# Honey pump flow rates



## soupcan (Jan 2, 2005)

Horsepower & reduction ratio used to drive the unit.
What size pipe is going to be used for discharge
How much lift & distance is needed.
And 80 degree 18% moisture honey takes a whole lot less horses than 80 degree 14% honey. 
We had to move some this year that was in the 13's


----------



## 2dumb (Nov 15, 2012)

Minimal lift and distance. Honey is going less than a foot from sump to pump then up six feet and over three feet into holding tanks. Sump is not heated but our honey is pulled in 95-100 degree temp and we keep our honey room at 85 when not in use and 100 when we are extracting. Honey is always high moisture here - sometimes 19-20 even when capped. The three pumps we are considering are all 1". We will close nipple and bump to 1-1/2 before and after pump. Honey is free-falling from hose into large strainer basket above each tank so there is no back pressure from filter. The Maxant is the least expensive and appears to be well made. What concerns me is that they say it will only pump a gallon a minute.
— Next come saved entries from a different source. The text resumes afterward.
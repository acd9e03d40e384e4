-- ===== src/Services/Notifications/Refunded.antt =====
-- What a customer is told of a refund.
use dev_ops_agent_swarm.Base.{ℕ, ◌≡◌, refl, String, true, [], ◌∷◌, ◌++◌, some, lookup, insert, ◌==◌}
use dev_ops_agent_swarm.Base.Result.{Result, ok}
use dev_ops_agent_swarm.Base.Value.{Value, Fields, str, get, f_string}
use dev_ops_agent_swarm.Services.Notifications.{
  email, push, on_event, handler_of, message_handler, handle_payment_failed,
}
use dev_ops_agent_swarm.Services.Payment.{
  refunded_event, Payment, answer, Service, publish_event, refund_payment, refunded_response,
  refunded_row,
}

-- A completed payment that is refunded while NATS takes the events: the refund is answered as one, but the
-- one event that it publishes makes the notification worker tell the customer that the payment
-- failed, and to try again.
pub refund_payment-on_event :
    (two_digits : Value → Result Value) (numeric : Value → Value) (gmtime isoformat : ℕ → String)
    (now : ℕ) (id : String) (row : Payment) (s : Service)
    → s.pool_ready ≡ true
    → s.db_up ≡ true
    → s.nats_open ≡ true
    → s.publishing ≡ true
    → lookup id s.payments ≡ some row
    → (row.status == "completed") ≡ true
    → (subject : String) × (event : Fields) × (refund_payment numeric gmtime isoformat now id s ≡ (
      answer (refunded_response numeric gmtime isoformat now id row),
      record s {
        payments = insert id (refunded_row numeric gmtime isoformat now row) s.payments;
        events = s.events ++ (subject, event) ∷ [];
      },
    ))
      × (on_event two_digits subject (ok event)
          ≡ some (
            email (str "customer@example.com") (str "Payment Failed") (
                  f_string (
                    str "Payment for order #"
                    ∷ str row.order_id
                    ∷ str " failed: "
                    ∷ str "refunded"
                    ∷ str ". Please try again."
                    ∷ []))
                ∷ push (str "unknown") (str "Payment Failed") (
                    f_string (
                      str "Your payment for order #"
                      ∷ str row.order_id
                      ∷ str " could not be processed."
                      ∷ []))
                ∷ [],
            true,
          ))
unfolding refund_payment publish_event on_event handler_of message_handler handle_payment_failed get
refund_payment-on_event two_digits numeric gmtime isoformat now id row s ready up open_ taken there
      completed =
    (
      "payments.failed",
      refunded_event numeric gmtime isoformat id row,
      rw (ready, up, there, completed, open_, taken) refl,
      refl,
    )
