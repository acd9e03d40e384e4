-- ===== src/Services/Payment/Refunds.antt =====
-- A payment from its creation to its refund, and what the health observer makes of the service.
use dev_ops_agent_swarm.Base.{
  sym, ap, subst, ℕ, ◌≡◌, refl, String, true, false, none, some, lookup, insert, lookup-insert_self,
  Bool-cases, inl, inr, ◌==◌, ◌&&◌,
}
use dev_ops_agent_swarm.Base.Value.{Value, Fields}
use dev_ops_agent_swarm.Services.Payment.{
  Payment, PaymentCreate, answer, http_exception, Service, completed_event, refunded_event,
  publish_event, create_payment, created_row, created_response, row_response, get_payment,
  refund_payment, refunded_row, refunded_response,
}

-- a service with its pool, its database and a row
abbrev Holds : String → Payment → Service → Type 0
Holds id row s = (s.pool_ready ≡ true) × (s.db_up ≡ true) × (lookup id s.payments ≡ some row)

-- a row that was written is there after an event, whether or not NATS takes it
publish_event-Holds :
    (subject : String) (event : Fields) (id : String) (row : Payment) (s : Service)
    → s.pool_ready ≡ true
    → s.db_up ≡ true
    → Holds id row (publish_event subject event (record s { payments = insert id row s.payments }))
unfolding publish_event
publish_event-Holds subject event id row s ready up =
    elim (Bool-cases (s.nats_open && s.publishing)) [
      | inl taken ↦ rw taken (ready, up, lookup-insert_self id row s.payments)
      | inr lost ↦ rw lost (ready, up, lookup-insert_self id row s.payments)
    ]

module _ (numeric : Value → Value) (gmtime isoformat : ℕ → String) where
  create_payment-new :
      (now : ℕ) (id : String) (p : PaymentCreate) (s : Service)
      → s.pool_ready ≡ true
      → s.db_up ≡ true
      → lookup id s.payments ≡ none
      → create_payment numeric gmtime isoformat now id p s ≡ (
        answer (created_response numeric gmtime isoformat now id p),
        publish_event "payments.completed"
            (completed_event numeric gmtime isoformat id p)
            (record s {
              payments = insert id (created_row numeric gmtime isoformat now p) s.payments;
            }),
      )
  unfolding create_payment
  create_payment-new now id p s ready up new = rw (ready, up, new) refl

  get_payment-Holds :
      (id : String) (row : Payment) (s : Service)
      → Holds id row s
      → (get_payment numeric gmtime isoformat id s).0
        ≡ answer (row_response numeric gmtime isoformat id row)
  unfolding get_payment
  get_payment-Holds id row s (ready, up, there) = rw (ready, up, there) refl

  -- a refund of a completed payment
  refund_payment-completed :
      (now : ℕ) (id : String) (row : Payment) (s : Service)
      → Holds id row s
      → (row.status == "completed") ≡ true
      → refund_payment numeric gmtime isoformat now id s ≡ (
        answer (refunded_response numeric gmtime isoformat now id row),
        publish_event "payments.failed" (refunded_event numeric gmtime isoformat id row) (record s {
          payments = insert id (refunded_row numeric gmtime isoformat now row) s.payments;
        }),
      )
  unfolding refund_payment
  refund_payment-completed now id row s (ready, up, there) completed =
      rw (ready, up, there, completed) refl

  refund_payment-refused :
      (now : ℕ) (id : String) (row : Payment) (s : Service)
      → Holds id row s
      → (row.status == "completed") ≡ false
      → (refund_payment numeric gmtime isoformat now id s).0
        ≡ http_exception 409 "Only completed payments can be refunded"
  unfolding refund_payment
  refund_payment-refused now id row s (ready, up, there) other = rw (ready, up, there, other) refl

  -- A service with its pool and its database, and an id that no payment has: the payment is created, and
  -- get returns it as completed. A refund then returns it as refunded, a further refund is refused
  -- with 409, and get returns it as refunded. This holds whether or not NATS takes the events.
  pub refund_payment-create_payment :
      (now then_at later : ℕ) (id : String) (p : PaymentCreate) (s : Service)
      → s.pool_ready ≡ true
      → s.db_up ≡ true
      → lookup id s.payments ≡ none
      → let (created, s1) = create_payment numeric gmtime isoformat now id p s in
        let (refund, s2) = refund_payment numeric gmtime isoformat then_at id s1 in
        let row = created_row numeric gmtime isoformat now p in
        (created ≡ answer (created_response numeric gmtime isoformat now id p))
        × ((get_payment numeric gmtime isoformat id s1).0
            ≡ answer (row_response numeric gmtime isoformat id row))
        × (refund ≡ answer (refunded_response numeric gmtime isoformat then_at id row))
        × ((refund_payment numeric gmtime isoformat later id s2).0
            ≡ http_exception 409 "Only completed payments can be refunded")
        × ((get_payment numeric gmtime isoformat id s2).0
            ≡ answer (
                row_response numeric gmtime isoformat id
                  (refunded_row numeric gmtime isoformat then_at row)))
  refund_payment-create_payment now then_at later id p s ready up new =
      let row = created_row numeric gmtime isoformat now p in
      let s1 : Service = (create_payment numeric gmtime isoformat now id p s).1 in
      let made = create_payment-new now id p s ready up new in
      let there : Holds id row s1 =
        subst (λ r. Holds id row r.1) (sym made) (publish_event-Holds _ _ id row s ready up) in
      let paid_back = refund_payment-completed then_at id row s1 there refl in
      let gone : Holds id (refunded_row numeric gmtime isoformat then_at row)
          (refund_payment numeric gmtime isoformat then_at id s1).1 =
        subst (λ r. Holds id (refunded_row numeric gmtime isoformat then_at row) r.1)
          (sym paid_back)
          (publish_event-Holds _ _ id (refunded_row numeric gmtime isoformat then_at row) s1 there.0
            there.1) in
      (
        ap (λ r. r.0) made,
        get_payment-Holds id row s1 there,
        ap (λ r. r.0) paid_back,
        refund_payment-refused later id _ _ gone refl,
        get_payment-Holds id _ _ gone,
      )
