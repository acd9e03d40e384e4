-- ===== src/Tests.antt =====
-- The theorems at concrete inputs, and runs of the definitions.
mod Fsm
mod Orchestrator
mod Safety
mod Observer
mod Dashboard
mod Remediator
mod Diagnoser
mod Learner
mod Messaging
mod BaseAgent
mod Numbers
mod Services
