-- ===== src/Tests/BaseAgent.antt =====
-- Witnesses for the base agent.
use dev_ops_agent_swarm.Base.{ℕ, true, false, ◌≡◌, refl, [], ◌∷◌, Dict, In, arith}
use dev_ops_agent_swarm.Base.Int.{pos}
use dev_ops_agent_swarm.Base.Result.{value_error}
use dev_ops_agent_swarm.Base.Value.{int}
use dev_ops_agent_swarm.BaseAgent.{Agent, publish_heartbeat, run_rounds, stop, start}
use dev_ops_agent_swarm.BaseAgent.Registered.{heartbeat, beaten, registered, heartbeat-available}
use dev_ops_agent_swarm.BaseAgent.Rounds.{Loop, Stops, online, begun, start-teardown}
use dev_ops_agent_swarm.Messaging.Client.{World, done, fail, in_time, close, return, effects, ◌>>◌}
use dev_ops_agent_swarm.Messaging.Message.{Fresh}
use dev_ops_agent_swarm.Orchestrator.Handlers.{handle_heartbeat}
use dev_ops_agent_swarm.Orchestrator.Router.{get_available_agents}
use dev_ops_agent_swarm.Orchestrator.State.{AgentInfo, Orchestrator}

abbrev uuid_of : ℕ → Fresh
uuid_of k = record { message_uuid = "m"; correlation_uuid = "c"; trace_uuid = "t"; created = k }

abbrev learner : Agent Unit
learner = record {
  agent_id = "agents.learner.h";
  agent_type = "agents.learner";
  hostname = "h";
  heartbeat_interval = 30;
  start_time = 0;
  running = true;
  messages_processed = 0;
  errors = 0;
  own = tt;
}

abbrev learner_world : World (Agent Unit)
learner_world = record {
  agent = learner;
  bus = record { connected = true; refusals = []; uuids = uuid_of; built = 0; outbox = [] };
}

-- a call of `run_loop` that raises
abbrev broken : Loop Unit
broken w = fail value_error w

stop-Stops : Stops {Own = Unit} stop
unfolding stop effects
stop-Stops w = refl

start-teardown_example :
    (u : World (Agent Unit)) × (run_rounds (broken ∷ stop ∷ []) (begun (online learner_world))
      ≡ done true u)
    × (u.agent.running ≡ false)
    × (start in_time (return tt) (broken ∷ stop ∷ broken ∷ []) (return tt) learner_world
        ≡ (return tt >> close) u)
unfolding return
start-teardown_example =
    start-teardown (return tt) (return tt) (broken ∷ []) stop (broken ∷ []) learner_world refl
      stop-Stops

abbrev orchestrator_world : World Orchestrator
orchestrator_world = record {
  agent = record {
    agent_id = "o";
    messages_processed = 0;
    registry = [];
    active_fsms = [];
    incidents = [];
    anomalies = [];
    db_refusals = [];
  };
  bus = learner_world.bus;
}

heartbeat-available_example :
    (publish_heartbeat (λ k. int (pos k)) (λ k. "t") 5 learner_world
      ≡ done tt (beaten (λ k. int (pos k)) (λ k. "t") 5 learner_world))
    × (r : Dict AgentInfo) × (handle_heartbeat 7
          (heartbeat (λ k. int (pos k)) (λ k. "t") 5 learner_world)
          orchestrator_world
        ≡ done tt (record orchestrator_world {
          agent = record (orchestrator_world.agent) { registry = r };
        }))
    × In
        (registered (λ k. int (pos k)) (λ k. "t") 5 7 learner_world)
        (get_available_agents 8 "agents.learner" r)
heartbeat-available_example =
    heartbeat-available (λ k. int (pos k)) (λ k. "t") 5 7 8 learner_world orchestrator_world refl
      refl (omega arith)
When I do the math on their setup it is a 1:4.3 and should be pumping considerably more than that. Kelley says 2.5 gallons a minute and the math matches but their pump is pricey for what it is. Mann Lake rates theirs at 6-8 gallons a minute. Their price is good but I am concerned about getting cavitation at that flow rate and I would prefer a slower rate given the way we strain the honey going into the tanks. I can build the Kelley for about 60% of what they are charging but hate to do that. Those projects always end up with an unforseen twist. The Maxant would be our best bet if the real world flow rate is higher than what they claim. Hoping someone actually using a Maxant will post their experience.


----------



## soupcan (Jan 2, 2005)

1HP motor driving a 1-1/2" Viking pump. 2-1/4" pulley on the motor & a 12" on the pump.
Our motor base allows enough motor travel to reduce the motor pulley size down to a 2" when temps affect pumping. We had to pump some 14% honey this year!
There is less than a 2' lift on the suction side of the pump from the sump & honey is lifted 7" along a 15 foot run into 7K pound holding tanks.
This set up moves 10 to 12 gallon a minute.


----------